## [What to do]
Take the data from its first line. Print each line exactly until the line containing "told plug state port" has been printed too.

===============

-- ===== src/Source/Announce.antt =====
-- What `pa_pal_source_set_port_cb` of pal-source.c tells PAL about the inputs that are plugged in.
use mathlib.Core.Path.{sym, ap}
use audioreach_pulseaudio_pl.Volume.{set_device_connection_state}
use audioreach_pulseaudio_pl.Pal.{Device, History, Pal}
use audioreach_pulseaudio_pl.Sink.{PortDeviceData}
use audioreach_pulseaudio_pl.Source.Ports.{
  Plug, connect_inputs, connect_plug, is_plug, plug_aux_digital, plug_hdmi, plug_headset, tell,
}
use audioreach_pulseaudio_pl.Base.{
  Bool, arith, false, if◌then◌else◌, length, not, pos, true, ◌&&◌, ◌+◌, ◌||◌, ◌≡◌, ℕ, ℤ, ◌∙◌,
  Bool-cases, inl, inr, refl,
}

-- Is the device one of the three inputs?
abbrev pub is_input : Device → Bool
is_input d = is_plug plug_headset d || (is_plug plug_aux_digital d || is_plug plug_hdmi d)

-- Has the connected flag of a port the value that a change to (or away from) the port gives it?
abbrev pub flagged : Bool → PortDeviceData → PortDeviceData
flagged state port = if is_input port.device then record port { is_connected = state } else port

abbrev pub needs_telling : Bool → PortDeviceData → Bool
needs_telling state port = is_input port.device && (if port.is_connected then not state else state)

-- What one block does to a port, and how often it tells PAL.
abbrev mark : Plug → Bool → PortDeviceData → PortDeviceData
mark plug state port =
    if is_plug plug port.device then record port { is_connected = state } else port

abbrev told : Plug → Bool → PortDeviceData → ℕ
told plug state port =
    if is_plug plug port.device && (if port.is_connected then not state else state) then 1 else 0

-- The two ports are not both the input of one block.
abbrev pub Apart : Device → Device → Type 0
Apart a b = (plug : Plug) → is_plug plug a ≡ true → is_plug plug b ≡ false

-- Is the mark of the port another one?
abbrev changes : Bool → PortDeviceData → Bool
changes state port = if port.is_connected then not state else state

length-tell :
    (p : Pal) (plug : Plug) (port : PortDeviceData) (state : Bool) (ret : ℤ) (t : History)
    → length (tell p plug port state ret t).2 ≡ (if changes state port then 1 else 0) + length t
unfolding set_device_connection_state
length-tell p plug port state ret t = elim (Bool-cases (changes state port)) [
  | inl e ↦ rw e (omega arith)
  | inr e ↦ rw e (omega arith)
]

port-tell :
    (p : Pal) (plug : Plug) (port : PortDeviceData) (state : Bool) (ret : ℤ) (t : History)
    → (tell p plug port state ret t).1 ≡ record port { is_connected = state }
unfolding set_device_connection_state
port-tell p plug port state ret t = elim (Bool-cases (changes state port)) [
  | inl e ↦ rw e refl
  | inr e ↦ rw e refl
]

connect_plug_lem :
    (p : Pal) (plug : Plug) (port active : PortDeviceData) (ret : ℤ) (t : History)
    → (is_plug plug port.device ≡ true → is_plug plug active.device ≡ false)
    → ((connect_plug p plug port active ret t).1 ≡ mark plug true port)
      × ((connect_plug p plug port active ret t).2 ≡ mark plug false active)
      × (length (connect_plug p plug port active ret t).3
          ≡ told plug true port + told plug false active + length t)
unfolding connect_plug
connect_plug_lem p plug port active ret t d = elim (Bool-cases (is_plug plug port.device)) [
  | inl e ↦
      let f = d e in
      rw (e, f)
        (port-tell p plug port true ret t, refl, omega (arith, length-tell p plug port true ret t))
  | inr e ↦ elim (Bool-cases (is_plug plug active.device)) [
    | inl f ↦
        rw (e, f)
          (
            refl,
            port-tell p plug active false ret t,
            omega (arith, length-tell p plug active false ret t),
          )
    | inr f ↦ rw (e, f) (refl, refl, omega arith)
  ]
]

connect_plug_silent :
    (p : Pal) (plug : Plug) (port active : PortDeviceData) (ret : ℤ) (t : History)
    → mark plug true port ≡ port
    → mark plug false active ≡ active
    → told plug true port ≡ 0
    → told plug false active ≡ 0
    → connect_plug p plug port active ret t ≡ (ret, port, active, t)
unfolding connect_plug set_device_connection_state
connect_plug_silent p plug port active ret t a b c d = ground arith

marks :
    (state : Bool) (port : PortDeviceData)
    → mark plug_hdmi state (mark plug_aux_digital state (mark plug_headset state port))
      ≡ flagged state port
marks state port = ground arith

counts :
    (state : Bool) (port : PortDeviceData)
    → told plug_headset state port
        + (told plug_aux_digital state (mark plug_headset state port)
            + told plug_hdmi state (mark plug_aux_digital state (mark plug_headset state port)))
      ≡ (if needs_telling state port then 1 else 0)
counts state port = ground arith

mark-device :
    (plug : Plug) (state : Bool) (port : PortDeviceData)
    → (mark plug state port).device ≡ port.device
mark-device plug state port = ground arith

-- A block leaves the devices as they are.
mark-Apart :
    (plug : Plug) (port active port' active' : PortDeviceData)
    → Apart port.device active.device
    → port' ≡ mark plug true port
    → active' ≡ mark plug false active
    → Apart port'.device active'.device
mark-Apart plug port active port' active' d a b q h =
    let e : port'.device ≡ port.device =
      ap (λ (x : PortDeviceData). x.device) a ∙ mark-device plug true port in
    let f : active'.device ≡ active.device =
      ap (λ (x : PortDeviceData). x.device) b ∙ mark-device plug false active in
    ap (is_plug q) f ∙ d q (ap (is_plug q) (sym e) ∙ h)

flagged_silent :
    (plug : Plug) (state : Bool) (port : PortDeviceData)
    → (mark plug state (flagged state port) ≡ flagged state port)
      × (told plug state (flagged state port) ≡ 0)
flagged_silent plug_headset state port = ground arith
flagged_silent plug_aux_digital state port = ground arith
flagged_silent plug_hdmi state port = ground arith

-- A change between two ports that are not both one of the inputs that are plugged in marks the new port
-- connected and the active one disconnected where they are such inputs, and leaves others as they
-- are; the number of calls of PAL is the number of these marks that were new.
pub connect_inputs_lem :
    (p : Pal) (port active : PortDeviceData) (t : History)
    → Apart port.device active.device
    → ((connect_inputs p port active t).1 ≡ flagged true port)
      × ((connect_inputs p port active t).2 ≡ flagged false active)
      × (length (connect_inputs p port active t).3
          ≡ (if needs_telling true port then 1 else 0)
            + (if needs_telling false active then 1 else 0)
            + length t)
unfolding connect_inputs
connect_inputs_lem p port active t d =
    let (r1, port1, active1, t1) = connect_plug p plug_headset port active (pos 0) t in
    let (r2, port2, active2, t2) = connect_plug p plug_aux_digital port1 active1 r1 t1 in
    let a = connect_plug_lem p plug_headset port active (pos 0) t (d plug_headset) in
    let d1 = mark-Apart plug_headset port active port1 active1 d a.0 a.1 in
    let b = connect_plug_lem p plug_aux_digital port1 active1 r1 t1 (d1 plug_aux_digital) in
    let d2 = mark-Apart plug_aux_digital port1 active1 port2 active2 d1 b.0 b.1 in
    let c = connect_plug_lem p plug_hdmi port2 active2 r2 t2 (d2 plug_hdmi) in
    let e = b.0 ∙ ap (mark plug_aux_digital true) a.0 in
    let f = b.1 ∙ ap (mark plug_aux_digital false) a.1 in
    (
      c.0 ∙ ap (mark plug_hdmi true) e ∙ marks true port,
      c.1 ∙ ap (mark plug_hdmi false) f ∙ marks false active,
      omega (
        arith,
        a.2,
        b.2,
        c.2,
        counts true port,
        counts false active,
        ap (told plug_aux_digital true) a.0,
        ap (told plug_aux_digital false) a.1,
        ap (told plug_hdmi true) e,
        ap (told plug_hdmi false) f,
      ),
    )

-- A change that is made again tells PAL nothing and changes no port.
pub connect_inputs_again :
    (p : Pal) (port active : PortDeviceData) (u : History)
    → connect_inputs p (flagged true port) (flagged false active) u
      ≡ (pos 0, flagged true port, flagged false active, u)
unfolding connect_inputs
connect_inputs_again p port active u =
    let s = λ (plug : Plug).
      connect_plug_silent p plug (flagged true port) (flagged false active) (pos 0) u
        (flagged_silent plug true port).0 (flagged_silent plug false active).0
        (flagged_silent plug true port).1 (flagged_silent plug false active).1 in
    rw (s plug_headset) (rw (s plug_aux_digital) (s plug_hdmi))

===============

## [Result of the exercise]
-- ===== src/Source/Announce.antt =====
-- What `pa_pal_source_set_port_cb` of pal-source.c tells PAL about the inputs that are plugged in.
use mathlib.Core.Path.{sym, ap}
use audioreach_pulseaudio_pl.Volume.{set_device_connection_state}
use audioreach_pulseaudio_pl.Pal.{Device, History, Pal}
use audioreach_pulseaudio_pl.Sink.{PortDeviceData}
use audioreach_pulseaudio_pl.Source.Ports.{
  Plug, connect_inputs, connect_plug, is_plug, plug_aux_digital, plug_hdmi, plug_headset, tell,
}
use audioreach_pulseaudio_pl.Base.{
  Bool, arith, false, if◌then◌else◌, length, not, pos, true, ◌&&◌, ◌+◌, ◌||◌, ◌≡◌, ℕ, ℤ, ◌∙◌,
  Bool-cases, inl, inr, refl,
}

-- Is the device one of the three inputs?
abbrev pub is_input : Device → Bool
is_input d = is_plug plug_headset d || (is_plug plug_aux_digital d || is_plug plug_hdmi d)

-- Has the connected flag of a port the value that a change to (or away from) the port gives it?
abbrev pub flagged : Bool → PortDeviceData → PortDeviceData
flagged state port = if is_input port.device then record port { is_connected = state } else port

abbrev pub needs_telling : Bool → PortDeviceData → Bool
needs_telling state port = is_input port.device && (if port.is_connected then not state else state)

-- What one block does to a port, and how often it tells PAL.
abbrev mark : Plug → Bool → PortDeviceData → PortDeviceData
mark plug state port =
    if is_plug plug port.device then record port { is_connected = state } else port

abbrev told : Plug → Bool → PortDeviceData → ℕ
told plug state port =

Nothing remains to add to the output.